Complexes of apolipoprotein A-II and egg yolk phosphatidylcholine were prepared in mixtures of different composition in the absence and presence of sodium cholate. By gradient gel electrophoresis, ...complex preparations were polydisperse and particle size distributions were influenced by the composition of the reconstitution mixture.
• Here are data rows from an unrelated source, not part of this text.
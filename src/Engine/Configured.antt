-- ===== src/Engine/Configured.antt =====
-- What the configuration makes of the modules' flags while the engine starts.
use bouclier_bleu.Base.{
  ◌≡◌, refl, ◌∙◌, ap, Bool, false, Option, none, some, List, [], ◌∷◌, text_eq, text_eq_iff,
  if◌then◌else◌, Text, inl, inr, Bool-cases,
}
use bouclier_bleu.Reader.{Endian}
use bouclier_bleu.Config.{DaemonConfig}
use bouclier_bleu.Watchlist.{Disk}
use bouclier_bleu.Host.{World}
use bouclier_bleu.Loader.{Libbpf}
use bouclier_bleu.Registry.{Registry, slug, toggle, status_of}
use bouclier_bleu.Engine.{get, configured, Skeletons, initialize_one, initialize_active_modules}

-- The flag after a toggle, if there is one.
abbrev pub toggled : Bool → Option Bool → Option Bool
toggled state none = none
toggled state (some _) = some state

toggled-toggled :
    (state : Bool) (o : Option Bool) → toggled state (toggled state o) ≡ toggled state o
toggled-toggled state none = refl
toggled-toggled state (some b) = refl

module _ {F : Type 0} where
  -- A toggle sets the flag of its module, if there is one, and leaves the others.
  pub status_of-toggle_same :
      (target : Text) (state : Bool) (r : Registry F)
      → status_of target (toggle target state r) ≡ toggled state (status_of target r)
  unfolding toggle status_of
  status_of-toggle_same target state [] = refl
  status_of-toggle_same target state (m ∷ rest) = elim (Bool-cases (text_eq (slug m) target)) [
    | inl here ↦ rw here (rw here refl)
    | inr later ↦ rw later (rw later (status_of-toggle_same target state rest))
  ]

  pub status_of-toggle_other :
      (target : Text) (state : Bool) (j : Text) (r : Registry F)
      → text_eq target j ≡ false
      → status_of j (toggle target state r) ≡ status_of j r
  unfolding toggle status_of
  status_of-toggle_other target state j [] h = refl
  status_of-toggle_other target state j (m ∷ rest) h = elim (Bool-cases (text_eq (slug m) target)) [
    | inl here ↦
        let missed : text_eq (slug m) j ≡ false = rw ((text_eq_iff (slug m) target).0 here) h in
        rw here (rw missed refl)
    | inr later ↦ rw later (
        ap (λ o. if text_eq (slug m) j then some m.is_active else o)
          (status_of-toggle_other target state j rest h))
  ]

-- The flag that a module has after the start, by whether its skeleton was loaded.
abbrev pub started : {S : Type 0} → Bool → Option S → Option Bool → Option Bool
started state none flag = flag
started state (some _) flag = toggled state flag

started-toggled :
    {S : Type 0} (state : Bool) (o : Option S) (flag : Option Bool)
    → started state o (toggled state flag) ≡ toggled state flag
started-toggled state none flag = refl
started-toggled state (some _) flag = toggled-toggled state flag

module _ {F : Type 0} (lib : Libbpf) (available : List Text) (disk : Disk) (e : Endian) where
  -- After the engine's start the flag of a module whose skeleton was loaded is what the
  -- configuration says of it, inactive if it does not name it, whether or not the kernel took the
  -- flag and whether or not the module's own set-up failed; the flag of any other is as before.
  pub initialize-status :
      (config : DaemonConfig) (skels : Skeletons lib available disk e) (registry : Registry F)
      (j : Text) (w : World F)
      → status_of j (initialize_active_modules lib available disk e config skels registry w).1
        ≡ started (configured config j) (get j skels) (status_of j registry)
  unfolding initialize_active_modules initialize_one get
  initialize-status config [] registry j w = refl
  initialize-status config ((name, skel) ∷ rest) registry j w =
      let state = configured config name in
      let ih =
        initialize-status config rest (toggle name state registry) j
          (initialize_one lib available disk e config name skel registry w).2 in
      elim (Bool-cases (text_eq name j)) [
        | inl here ↦
            let same : name ≡ j = (text_eq_iff name j).0 here in
            let set : status_of j (toggle name (configured config name) registry)
                ≡ toggled (configured config j) (status_of j registry) =
              rw same (status_of-toggle_same j (configured config j) registry) in
            rw here (
              ih
              ∙ ap (started (configured config j) (get j rest)) set
              ∙ started-toggled (configured config j) (get j rest) (status_of j registry))
        | inr later ↦ rw later (
            ih
            ∙ ap (started (configured config j) (get j rest))
                (status_of-toggle_other name state j registry later))
      ]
Complexes generally exhibited a discoidal morphology by electron microscopy, but showed increased formation of vesicular complexes at elevated levels of egg yolk PC in the mixtures. By chemical crosslinking, complexes formed in the absence of cholate were shown to consist primarily of discoidal species with three apolipoprotein A-II molecules per particle in the mixtures investigated; complexes formed in the presence of cholate included species ranging from three to five apolipoprotein A-II per particle. The number of apolipoprotein A-II per particle and the sizes of the complexes, prepared in cholate, increased with increase of egg yolk PC in the reconstitution mixture. Relative to the particle size distribution of discoidal complexes formed in the absence of cholate, those prepared in cholate showed a distribution shifted to larger particle sizes. Complexes of similar particle size distribution formed in the presence or absence of cholate showed similar physical-chemical properties. Discoidal complexes with the same number of apolipoprotein A-II per particle but of different size and composition were observed, suggesting the possibility of some conformational adaptation of apolipoprotein A-II leading to stabilization of egg yolk PC bilayers of different diameter. Properties of particle size distributions of discoidal complexes prepared in cholate of apolipoprotein A-II and egg yolk PC were compared with those of complexes of apolipoprotein A-I previously reported (Nichols, A.V., Gong, E.L., Blanche, P.J. and Forte, T.M. (1983) Biochim. Biophys. Acta 750, 353-364).